The judgment is affirmed.
Before Franson, Acting P. J., Zenovich, J., and Quail, J.†
Assigned by the Chairperson of the Judicial Council.
The MDSO Act was formerly found at Welfare and Institutions Code sections 6300-6330. The MDSO Act was repealed effective January 1, 1982. (Stats. 1981, ch. 928, § 2, p. 3485.) Hereafter it will be referred to as the Act.
The doctor was aware of appellant’s Florida prison term.
Our research has disclosed there are only two other published opinions to date to cite Lock other than those cited in the body of this opinion. One is People v. Goldstein (1982) 130 Cal.App.3d 1024, 1040 [182 Cal.Rptr. 207] (hg. den.). It is impossible to discern from the body of that decision at what stage of the proceedings the trial court denied appellant’s petition for MDSO status, so it is of no benefit to this court in interpreting the scope of Lock. The other opinion is our recent decision in People v. Bracamonte (1982) 137 Cal.App.3d 936 [187 Cal.Rptr. 525]. It is not on point.
The Advisory Committee comment to rule 443, California Rules of Court (Reasons by Sentencing Judge), states in part: “Neither Section 1170(c) nor these rules requires the judge to give reasons explaining why possible dispositions were rejected; ...” (West’s Ann. Cal. Code, Civ. and Crim. Rules (1981 ed.) rule 443, p. 698.)
The colloquy between the court and the defendant was as follows:
“The Court: Mr.

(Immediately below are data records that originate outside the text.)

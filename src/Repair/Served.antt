-- ===== src/Repair/Served.antt =====
-- The repairs of client/repair.ts that are asked for are run and answered.
use sync_resource.Shared.{
  ℕ, ◌≡◌, refl, sym, ap, ◌∙◌, true, false, ◌||◌, Option, none, some, List, [], ◌∷◌, arith, inl, inr,
  eqb, get_elem?, Bool-cases,
}
use sync_resource.Repair.{
  RepairResult, Outcome, Scheduler, create_repair_scheduler, timer_fired, run_settled, resolve,
  caught, has_run,
}
use sync_resource.Repair.Phases.{
  Phase, idle, scheduled, busy, busy_and_queued, ended, run_of, concrete, fired_phase,
  settled_phase, runs, promises-concrete, timer_fired-concrete, running-concrete,
  run_settled-concrete,
}
use sync_resource.Repair.Promises.{eqb_refl, open_at, open_at-resolve, resolve-open}
use sync_resource.Repair.Reached.{
  Step, Steps, here, step, fired, settled, waits, create-IsScheduler, Steps-IsScheduler,
}

-- Some callbacks from `s` on answer the promise `id` with what its own run returns.
abbrev pub Serves : Scheduler → ℕ → Outcome → Type 0
Serves s id o = (t : Scheduler) × (Steps s t × (get_elem? t.promises id ≡ some (some (caught o))))

first_then : (s u t : Scheduler) → Step s u → Steps u t → Steps s t
first_then s u _ one here = step s u here one
first_then s u _ one (step t v before last) = step t v (first_then s u t one before) last

after-Serves : (s u : Scheduler) (id : ℕ) (o : Outcome) → Step s u → Serves u id o → Serves s id o
after-Serves s u id o one (t, (after, answered)) = (t, (first_then s u t one after, answered))

module _ (s : Scheduler) (ps : List (Option RepairResult)) (id : ℕ) (o : Outcome) where
  running-Serves :
      (p : Phase) → s ≡ concrete p ps → runs p ≡ some id → open_at id ps ≡ true → Serves s id o
  unfolding run_of
  running-Serves p shape run opened =
      let running : s.running ≡ id ∷ [] =
        ap (λ (t : Scheduler). t.running) shape ∙ running-concrete p ps ∙ ap run_of run in
      let after : (run_settled id o s).promises ≡ resolve id (caught o) ps =
        ap (λ (t : Scheduler). t.promises)
          (ap (run_settled id o) shape ∙ run_settled-concrete p ps id o run)
        ∙ promises-concrete (settled_phase p) _ in
      let has : has_run id s.running ≡ true = rw (running, eqb_refl id) refl in
      (
        run_settled id o s,
        (
          step s _ here (settled id o has),
          ap (λ qs. get_elem? qs id) after ∙ resolve-open id (caught o) ps opened,
        ),
      )

scheduled-Serves :
    (s : Scheduler) (ps : List (Option RepairResult)) (id q : ℕ) (o : Outcome)
    → s ≡ concrete (scheduled q) ps
    → eqb id q ≡ true
    → open_at id ps ≡ true
    → Serves s id o
unfolding concrete fired_phase runs
scheduled-Serves s ps id q o shape named opened =
    let same : q ≡ id = ground (arith, named) in
    after-Serves s (timer_fired s) id o (fired (ap (λ (t : Scheduler). t.timer) shape)) (
      running-Serves (timer_fired s) ps id o (busy q)
        (ap timer_fired shape ∙ timer_fired-concrete (scheduled q) ps) (ap some same) opened)

queued-Serves :
    (s : Scheduler) (ps : List (Option RepairResult)) (id a q : ℕ) (first o : Outcome)
    → s ≡ concrete (busy_and_queued a q) ps
    → (eqb id a || eqb id q) ≡ true
    → open_at id ps ≡ true
    → Serves s id o
unfolding runs settled_phase concrete run_of
queued-Serves s ps id a q first o shape named opened = elim (Bool-cases (eqb id a)) [
  | inl runs_now ↦
      running-Serves s ps id o (busy_and_queued a q) shape (ap some (ground (arith, runs_now)))
        opened
  | inr other ↦
      let has : has_run a s.running ≡ true =
        ap (λ (t : Scheduler). has_run a t.running) shape ∙ ap (λ b. b || false) (eqb_refl a) in
      let still : open_at id (resolve a (caught first) ps) ≡ true =
        open_at-resolve id a (caught first) ps ∙ ground (arith, opened, other) in
      let next : eqb id q ≡ true = ground (arith, named, other) in
      after-Serves s (run_settled a first s) id o (settled a first has) (
        scheduled-Serves (run_settled a first s) _ id q o
          (ap (run_settled a first) shape
            ∙ run_settled-concrete (busy_and_queued a q) ps a first refl)
          next still)
]

phase-Serves :
    (s : Scheduler) (ps : List (Option RepairResult)) (p : Phase) (id : ℕ) (first o : Outcome)
    → s ≡ concrete p ps
    → waits id p ≡ true
    → open_at id ps ≡ true
    → Serves s id o
unfolding waits runs
phase-Serves s ps idle id first o shape wait opened = absurd (grind (arith, wait))
phase-Serves s ps (scheduled q) id first o shape wait opened =
    scheduled-Serves s ps id q o shape wait opened
phase-Serves s ps (busy a) id first o shape wait opened =
    running-Serves s ps id o (busy a) shape (ap some (ground (arith, wait))) opened
phase-Serves s ps (busy_and_queued a q) id first o shape wait opened =
    queued-Serves s ps id a q first o shape wait opened
phase-Serves s ps (ended none) id first o shape wait opened = absurd (grind (arith, wait))
phase-Serves s ps (ended (some a)) id first o shape wait opened =
    running-Serves s ps id o (ended (some a)) shape (ap some (ground (arith, wait))) opened

-- No request is lost: in any state that a new scheduler reaches, and whatever the repair that runs
-- returns, a promise that was made and has not settled is answered after some further callbacks with
-- what the run for it returns, or with `internal` when that run throws.
pub open-Serves :
    (s : Scheduler)
    → Steps create_repair_scheduler s
    → (id : ℕ) (first o : Outcome) → open_at id s.promises ≡ true
    → Serves s id o
open-Serves s reached id first o opened =
    let h = Steps-IsScheduler create_repair_scheduler s create-IsScheduler reached in
    phase-Serves s s.promises h.phase id first o h.shape (sym (h.opens id) ∙ opened) opened
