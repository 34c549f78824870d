-- ===== src/Repair/Disposed.antt =====
-- What client/repair.ts still does after its disposal.
use sync_resource.Shared.{
  ℕ, ◌≡◌, refl, sym, ap, subst, ◌∙◌, true, false, Option, none, List, [], ◌∷◌, arith, inl, inr, eqb,
  Bool-cases, if_true, if_false,
}
use sync_resource.Protocol.{SyncErrorCode}
use sync_resource.Result.{err}
use sync_resource.Repair.{
  Outcome, Scheduler, at_once, start_queued, timer_fired, is_current, has_run, without_run,
  clear_active, schedule_next, run_settled, request, dispose,
}
use sync_resource.Repair.Reached.{Step, Steps, here, step, asked, fired, settled, shut}

-- A disposed scheduler with nothing queued, where only repairs of `s` run.
pub record IsShut (s t : Scheduler) : Type 0 where
  pub closed : t.disposed ≡ true
  pub empty : t.queued ≡ none
  pub left : (id : ℕ) → has_run id t.running ≡ true → has_run id s.running ≡ true

has_run-without_run :
    (id j : ℕ) (xs : List ℕ) → has_run id (without_run j xs) ≡ true → has_run id xs ≡ true
unfolding without_run
has_run-without_run id j [] h = h
has_run-without_run id j (a ∷ xs) h = elim (Bool-cases (eqb a j)) [
  | inl same ↦
      let there : has_run id xs ≡ true =
        sym (ap (has_run id) (if_true (eqb a j) xs (a ∷ without_run j xs) same)) ∙ h in
      ground (arith, there)
  | inr other ↦
      let there : has_run id (a ∷ without_run j xs) ≡ true =
        sym (ap (has_run id) (if_false (eqb a j) xs (a ∷ without_run j xs) other)) ∙ h in
      let before : has_run id (without_run j xs) ≡ true → has_run id xs ≡ true =
        has_run-without_run id j xs in
      ground (arith, there, before)
]

request_shut :
    (t : Scheduler) → t.disposed ≡ true → request t ≡ (t, at_once (err SyncErrorCode.disposed))
unfolding request
request_shut t closed = rw closed refl

clear_active-IsShut : (s t : Scheduler) (id : ℕ) → IsShut s t → IsShut s (clear_active id t)
unfolding clear_active
clear_active-IsShut s t id h = elim (Bool-cases (is_current id t.active)) [
  | inl current ↦ rw current record { closed = h.closed; empty = h.empty; left = h.left }
  | inr other ↦ rw other h
]

schedule_next-IsShut : (s t : Scheduler) → IsShut s t → IsShut s (schedule_next t)
unfolding schedule_next
schedule_next-IsShut s t h = rw h.empty record { closed = h.closed; empty = refl; left = h.left }

run_settled-IsShut :
    (s t : Scheduler) (id : ℕ) (o : Outcome) → IsShut s t → IsShut s (run_settled id o t)
unfolding run_settled
run_settled-IsShut s t id o h = schedule_next-IsShut s _ (
    clear_active-IsShut s _ id (record {
      closed = h.closed;
      empty = h.empty;
      left = λ i run. h.left i (has_run-without_run i id t.running run);
    }))

start_queued-none : (o : Option ℕ) (t : Scheduler) → o ≡ none → start_queued o t ≡ t
unfolding start_queued
start_queued-none o t e = rw e refl

timer_fired-IsShut : (s t : Scheduler) → IsShut s t → IsShut s (timer_fired t)
unfolding timer_fired
timer_fired-IsShut s t h =
    subst (IsShut s) (sym (start_queued-none t.queued (record t { timer = false }) h.empty))
      (record { closed = h.closed; empty = h.empty; left = h.left })

dispose-IsShut :
    (s t : Scheduler)
    → ((id : ℕ) → has_run id t.running ≡ true → has_run id s.running ≡ true)
    → IsShut s (dispose t)
unfolding dispose
dispose-IsShut s t left = record { closed = refl; empty = refl; left = left }

Step-IsShut : (s t u : Scheduler) → IsShut s t → Step t u → IsShut s u
Step-IsShut s t _ h asked = rw (request_shut t h.closed) h
Step-IsShut s t _ h (fired set) = timer_fired-IsShut s t h
Step-IsShut s t _ h (settled id o run) = run_settled-IsShut s t id o h
Step-IsShut s t _ h shut = dispose-IsShut s t h.left

Steps-IsShut : (s t u : Scheduler) → IsShut s t → Steps t u → IsShut s u
Steps-IsShut s t _ h here = h
Steps-IsShut s t _ h (step u v before last) = Step-IsShut s u v (Steps-IsShut s t u h before) last

-- After the disposal of a scheduler, whatever callbacks follow, every request is answered with the
-- error `disposed` and changes nothing, no repair is queued, and only repairs run that ran before it.
pub dispose-Steps :
    (s t : Scheduler)
    → Steps (dispose s) t
    → (request t ≡ (t, at_once (err SyncErrorCode.disposed)))
      × (t.queued ≡ none)
      × ((id : ℕ) → has_run id t.running ≡ true → has_run id s.running ≡ true)
dispose-Steps s t after =
    let h = Steps-IsShut s (dispose s) t (dispose-IsShut s s (λ id run. run)) after in
    (request_shut t h.closed, h.empty, h.left)
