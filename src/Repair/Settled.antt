-- ===== src/Repair/Settled.antt =====
-- The results that client/repair.ts has given stay as they are.
use sync_resource.Shared.{ℕ, ◌≡◌, some, get_elem?}
use sync_resource.Repair.{RepairResult, Scheduler}

-- A promise that has settled, and with what.
abbrev pub Settled : ℕ → RepairResult → Scheduler → Type 0
Settled id r s = get_elem? s.promises id ≡ some (some r)
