-- ===== src/Extent/Inode/Blocks.antt =====
-- The loops of `read_file` and `write_file` over the blocks of a file.
use cse_2014_undergrad.Prelude.{
  ℕ, zero, suc, ◌+◌, ◌*◌, ◌<◌, ◌≤◌, ◌∷◌, ◌++◌, ◌≡◌, ◌≢◌, refl, ap, ◌∙◌, subst, arith, ◌==◌, ==_iff,
  Bool-cases, inl, inr,
}
use cse_2014_undergrad.Extent.Block.{block_num, block_size, Block, Disk, read_block, write_block}
use cse_2014_undergrad.Extent.Inode.Table.{read_block-lt, write_block-lt, write_block-ne}
use cse_2014_undergrad.Extent.Inode.File.{Open, blk, bytes_from, read_from, piece, write_from}

pub bytes_from-agree :
    (b c : Block) (o p n : ℕ)
    → ((j : ℕ) → j < n → b (o + j) ≡ c (p + j))
    → bytes_from b o n ≡ bytes_from c p n
unfolding bytes_from
bytes_from-agree b c o p zero h = refl
bytes_from-agree b c o p (suc n) h =
    let z : o ≡ o + 0 = omega arith in
    let z' : p + 0 ≡ p = omega arith in
    let first : b o ≡ c p = ap b z ∙ h 0 (omega arith) ∙ ap c z' in
    let rest = bytes_from-agree b c (o + 1) (p + 1) n (λ j k.
      let e : o + 1 + j ≡ o + suc j = omega arith in
      let e' : p + suc j ≡ p + 1 + j = omega arith in ap b e ∙ h (suc j) (omega arith) ∙ ap c e') in
    rw (first, rest) refl

pub bytes_from-append :
    (c : Block) (o m n : ℕ) → bytes_from c o m ++ bytes_from c (o + m) n ≡ bytes_from c o (m + n)
unfolding bytes_from
bytes_from-append c o zero n =
    let e : o + 0 ≡ o = omega arith in let e' : 0 + n ≡ n = omega arith in rw (e, e') refl
bytes_from-append c o (suc m) n =
    let e : o + suc m ≡ o + 1 + m = omega arith in
    let e' : suc m + n ≡ suc (m + n) = omega arith in
    rw (e, e') (ap (λ l. c o ∷ l) (bytes_from-append c (o + 1) m n))

-- A read of blocks that hold the contents from block `i` on
pub read_from_lem :
    (n i rest : ℕ) (d : Disk) (f : Open) (buf content : Block)
    → ((k : ℕ) → i ≤ k → k ≤ i + n → blk f k < block_num)
    → ((k j : ℕ) → i ≤ k → k ≤ i + n → j < block_size → d (blk f k) j ≡ piece content k j)
    → rest ≤ block_size
    → read_from n i rest d f buf ≡ bytes_from content (i * block_size) (n * block_size + rest)
unfolding read_from
read_from_lem zero i rest d f buf content r h l =
    let e : 0 * block_size + rest ≡ rest = omega arith in
    rw e (
      bytes_from-agree (read_block d (blk f i) buf) content 0 (i * block_size) rest (λ j k.
        let z : 0 + j ≡ j = omega arith in
        rw z (
          read_block-lt d (blk f i) buf j (r i (omega arith) (omega arith)) (omega arith)
          ∙ h i j (omega arith) (omega arith) (omega arith))))
read_from_lem (suc n) i rest d f buf content r h l =
    let first =
      bytes_from-agree (read_block d (blk f i) buf) content 0 (i * block_size) block_size (λ j k.
        let z : 0 + j ≡ j = omega arith in
        rw z (
          read_block-lt d (blk f i) buf j (r i (omega arith) (omega arith)) (omega arith)
          ∙ h i j (omega arith) (omega arith) (omega arith))) in
    let others =
      read_from_lem n (i + 1) rest d f (read_block d (blk f i) buf) content
        (λ k a b. r k (omega arith) (omega arith))
        (λ k j a b c. h k j (omega arith) (omega arith) c) l in
    let e : (i + 1) * block_size ≡ i * block_size + block_size = omega arith in
    let e' : block_size + (n * block_size + rest) ≡ suc n * block_size + rest = omega arith in
    ap (λ l. l ++ read_from n (i + 1) rest d f (read_block d (blk f i) buf)) first
    ∙ ap (λ l. bytes_from content (i * block_size) block_size ++ l)
        (others ∙ ap (λ o. bytes_from content o (n * block_size + rest)) e)
    ∙ bytes_from-append content (i * block_size) block_size (n * block_size + rest)
    ∙ ap (λ m. bytes_from content (i * block_size) m) e'

-- The writes leave every block alone that is none of theirs,
pub write_from-ne :
    (n i : ℕ) (d : Disk) (f : Open) (content : Block) (id : ℕ)
    → ((k : ℕ) → i ≤ k → k < i + n → blk f k ≢ id)
    → write_from n i d f content id ≡ d id
unfolding write_from
write_from-ne zero i d f content id h = refl
write_from-ne (suc n) i d f content id h =
    write_from-ne n (i + 1) (write_block d (blk f i) (piece content i)) f content id
      (λ k a b. h k (omega arith) (omega arith))
    ∙ write_block-ne d (blk f i) (piece content i) id (h i (omega arith) (omega arith))

-- and put the contents into theirs, which differ.
pub write_from-at :
    (n i : ℕ) (d : Disk) (f : Open) (content : Block) (k j : ℕ)
    → ((m : ℕ) → i ≤ m → m < i + n → blk f m < block_num)
    → ((m l : ℕ) → i ≤ m → m < l → l < i + n → blk f l ≢ blk f m)
    → i ≤ k
    → k < i + n
    → j < block_size
    → write_from n i d f content (blk f k) j ≡ piece content k j
unfolding write_from
write_from-at zero i d f content k j r a l h m = absurd (omega arith)
write_from-at (suc n) i d f content k j r a l h m = elim (Bool-cases (i == k)) [
  | inl y ↦
      let e : i ≡ k = (==_iff _ _).0 y in
      subst
        (λ q.
          write_from n (i + 1) (write_block d (blk f i) (piece content i)) f content (blk f q) j
          ≡ piece content q j)
        e
        (ap (λ c. c j)
            (write_from-ne n (i + 1) (write_block d (blk f i) (piece content i)) f content (blk f i)
              (λ q b c. a i q (omega arith) (omega arith) (omega arith)))
          ∙ write_block-lt d (blk f i) (piece content i) j (r i (omega arith) (omega arith)) m)
  | inr y ↦
      let n' : i ≢ k = ground arith in
      write_from-at n (i + 1) (write_block d (blk f i) (piece content i)) f content k j
        (λ q b c. r q (omega arith) (omega arith))
        (λ q q' b c e. a q q' (omega arith) c (omega arith)) (omega (arith, n')) (omega arith) m
]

Sanderson, in addition to the rights I’ve advised you of, you have personally waived, I further advise you you have the right to remain silent, that is, the right against self-incrimination. That means you cannot be compelled to be a witness against yourself. There is a very good probability that you, if you agree to this procedure to have the case submitted to the court on the doctors’ reports, you will be found to be a mentally disordered sex offender. Therefore, by agreeing to this procedure, you are incriminating yourself and in all probability, by not making a reply, you are admitting that you are a mentally disordered sex offender. Do you give up your constitutional right against self-incrimination and agree that the court can decide the question of your being a mentally disordered sex offender by merely reading the two doctors’ reports?
“[Defense Counsel:] Yes, Your Honor.”